▸ Extracted entries
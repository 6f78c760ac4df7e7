-- ===== src/Pool/Log/Fields.antt =====
-- What is logged of an error, and what is not.
use fx_quotes.Prelude.{
  ℕ, ◌≤◌, ◌≡◌, refl, inl, inr, ◌⊎◌, Bool, true, false, List, [], ◌∷◌, Option, none, some, arith,
  ◌==◌, if◌then◌else◌, All, if_cases, &&-both, Bool-cases, Option-cases,
}
use fx_quotes.Text.{Text, codes, byte_length}
use fx_quotes.Pool.GoError.{
  GoError, Link, links, any_link, first_state, root, reword, reword_link, links-reword, root-reword,
  any_link-map, first_state-map,
}
use fx_quotes.Pool.Log.{
  error_kind, all_state_codes, valid_state, state_field, failure_fields, error_fields,
}

abbrev pub Any : (Link → Type 0) → List Link → Type 0
Any P [] = ⊥
Any P (l ∷ ls) = P l ⊎ Any P ls

-- The class: a deadline anywhere in the tree before a cancellation anywhere in it.
pub data IsKind (e : GoError) : Text → Type 0 where
  deadline_exceeded :
      Any (λ l. l.is_deadline ≡ true) (links e) → IsKind e (codes "deadline_exceeded")
  canceled :
      All (λ l. l.is_deadline ≡ false) (links e)
      → Any (λ l. l.is_canceled ≡ true) (links e)
      → IsKind e (codes "canceled")
  internal :
      All (λ l. l.is_deadline ≡ false) (links e)
      → All (λ l. l.is_canceled ≡ false) (links e)
      → IsKind e (codes "internal")

-- A SQLSTATE: five digits and capital letters.
abbrev pub IsStateCode : ℕ → Type 0
IsStateCode c = ((b'0' ≤ c) × (c ≤ b'9')) ⊎ ((b'A' ≤ c) × (c ≤ b'Z'))

abbrev pub IsState : Text → Type 0
IsState code = (byte_length code ≡ 5) × All IsStateCode code

-- The first error of the list that has a SQLSTATE has this one.
abbrev pub FirstState : Text → List Link → Type 0
FirstState code [] = ⊥
FirstState code (l ∷ ls) = (l.sql_state ≡ some code) ⊎ ((l.sql_state ≡ none) × FirstState code ls)

-- The error's own SQLSTATE, where it has one of that form, and else no field.
pub data IsStateField (e : GoError) : List (Text × Text) → Type 0 where
  given :
      (code : Text)
      → FirstState code (links e)
      → IsState code
      → IsStateField e ((codes "sqlstate", code) ∷ [])
  malformed : (code : Text) → FirstState code (links e) → ¬ IsState code → IsStateField e []
  absent : All (λ l. l.sql_state ≡ none) (links e) → IsStateField e []

-- The fields of `logError` and those of `logFailure`, in full.
pub data IsLogged (e : GoError) : List (Text × Text) → List (Text × Text) → Type 0 where
  logged :
      (kind : Text) (state : List (Text × Text))
      → IsKind e kind
      → IsStateField e state
      → IsLogged e
          ((codes "outcome", codes "error")
            ∷ (codes "error_kind", kind)
            ∷ (codes "error_type", (root e).type_name)
            ∷ state)
          ((codes "error_kind", kind) ∷ (codes "error_type", (root e).type_name) ∷ [])

any_link-Any :
    (test : Link → Bool) (ls : List Link) → any_link test ls ≡ true → Any (λ l. test l ≡ true) ls
unfolding any_link
any_link-Any test [] h = cc h
any_link-Any test (l ∷ ls) h = elim (Bool-cases (test l)) [
  | inl yes_l ↦ inl yes_l
  | inr no_l ↦ inr (any_link-Any test ls (ground (arith, h, no_l)))
]

any_link-All :
    (test : Link → Bool) (ls : List Link) → any_link test ls ≡ false → All (λ l. test l ≡ false) ls
unfolding any_link
any_link-All test [] h = tt
any_link-All test (l ∷ ls) h = (ground (arith, h), any_link-All test ls (ground (arith, h)))

error_kind-IsKind : (e : GoError) → IsKind e (error_kind e)
unfolding error_kind
error_kind-IsKind e =
    let rest : Text =
      if any_link (λ l. l.is_canceled) (links e) then codes "canceled" else codes "internal" in
    if_cases (IsKind e) _ (codes "deadline_exceeded") rest
      (λ h. deadline_exceeded (any_link-Any _ (links e) h))
      (λ h.
        if_cases (IsKind e) _ (codes "canceled") (codes "internal")
          (λ h'. canceled (any_link-All _ (links e) h) (any_link-Any _ (links e) h'))
          (λ h'. internal (any_link-All _ (links e) h) (any_link-All _ (links e) h')))

all_state_codes-All : (s : Text) → all_state_codes s ≡ true → All IsStateCode s
unfolding all_state_codes
all_state_codes-All [] h = tt
all_state_codes-All (c ∷ s) h = (ground (arith, h), all_state_codes-All s (ground (arith, h)))

All-all_state_codes : (s : Text) → All IsStateCode s → all_state_codes s ≡ true
unfolding all_state_codes
All-all_state_codes [] h = refl
All-all_state_codes (c ∷ s) h = ground (arith, h.0, All-all_state_codes s h.1)

valid_state-IsState : (code : Text) → valid_state code ≡ true → IsState code
unfolding valid_state
valid_state-IsState code h =
    let (five, all) = &&-both (byte_length code == 5) (all_state_codes code) h in
    (ground (arith, five), all_state_codes-All code all)

IsState-valid_state : (code : Text) → IsState code → valid_state code ≡ true
unfolding valid_state
IsState-valid_state code (five, all) = ground (arith, five, All-all_state_codes code all)

first_state-none : (ls : List Link) → first_state ls ≡ none → All (λ l. l.sql_state ≡ none) ls
unfolding first_state
first_state-none [] h = tt
first_state-none (l ∷ ls) h = elim (Option-cases l.sql_state) [
  | inl none_l ↦ (none_l, first_state-none ls (rw none_l at h))
  | inr (code, some_l) ↦ cc (rw some_l at h)
]

first_state-some : (code : Text) (ls : List Link) → first_state ls ≡ some code → FirstState code ls
unfolding first_state
first_state-some code [] h = cc h
first_state-some code (l ∷ ls) h = elim (Option-cases l.sql_state) [
  | inl none_l ↦ inr (none_l, first_state-some code ls (rw none_l at h))
  | inr (code', some_l) ↦ inl (cc (some_l, rw some_l at h))
]

state_field-IsStateField :
    (e : GoError) (state : Option Text)
    → first_state (links e) ≡ state
    → IsStateField e (state_field state)
unfolding state_field
state_field-IsStateField e none h = absent (first_state-none (links e) h)
state_field-IsStateField e (some code) h =
    let first = first_state-some code (links e) h in
    if_cases (IsStateField e) (valid_state code) ((codes "sqlstate", code) ∷ []) []
      (λ valid. given code first (valid_state-IsState code valid))
      (λ invalid. malformed code first (λ state. cc (invalid, IsState-valid_state code state)))

error_kind-reword : (f : Text → Text) (e : GoError) → error_kind (reword f e) ≡ error_kind e
unfolding error_kind
error_kind-reword f e = rw (
  links-reword f e,
  any_link-map (λ l. l.is_deadline) (reword_link f) (λ l. refl) (links e),
  any_link-map (λ l. l.is_canceled) (reword_link f) (λ l. refl) (links e),
)

failure_fields-reword :
    (f : Text → Text) (e : GoError) → failure_fields (reword f e) ≡ failure_fields e
unfolding failure_fields
failure_fields-reword f e = rw (error_kind-reword f e, root-reword f e)

error_fields-reword : (f : Text → Text) (e : GoError) → error_fields (reword f e) ≡ error_fields e
unfolding error_fields
error_fields-reword f e =
    rw (error_kind-reword f e, root-reword f e, links-reword f e, first_state-map f (links e))

-- Of an error, the pool logs exactly its class, the type of the last error of its chain and, where
-- the first error of the tree that has a SQLSTATE has one of five digits and capital letters, that
-- SQLSTATE; the process logs exactly the class and the type. The class is a deadline where one is
-- anywhere in the tree, else a cancellation where one is, else internal. No text of an error is
-- logged: the fields stay the same whatever the texts of the tree are replaced by.
pub error_fields-IsLogged :
    (e : GoError) (f : Text → Text)
    → IsLogged e (error_fields e) (failure_fields e)
      × (error_fields (reword f e) ≡ error_fields e)
      × (failure_fields (reword f e) ≡ failure_fields e)
unfolding error_fields failure_fields
error_fields-IsLogged e f = (
  logged (error_kind e) (state_field (first_state (links e))) (error_kind-IsKind e)
      (state_field-IsStateField e (first_state (links e)) refl),
  error_fields-reword f e,
  failure_fields-reword f e,
)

▸ Problem details
Send back exactly the lines of the listing above, beginning at the line containing "(e : GoError) (f : Text → Text)" and ending with the last. Add nothing.

▸ Output for this exercise
    (e : GoError) (f : Text → Text)
    → IsLogged e (error_fields e) (failure_fields e)
      × (error_fields (reword f e) ≡ error_fields e)
      × (failure_fields (reword f e) ≡ failure_fields e)
unfolding error_fields failure_fields
error_fields-IsLogged e f = (
  logged (error_kind e) (state_field (first_state (links e))) (error_kind-IsKind e)
      (state_field-IsStateField e (first_state (links e)) refl),
  error_fields-reword f e,
  failure_fields-reword f e,
)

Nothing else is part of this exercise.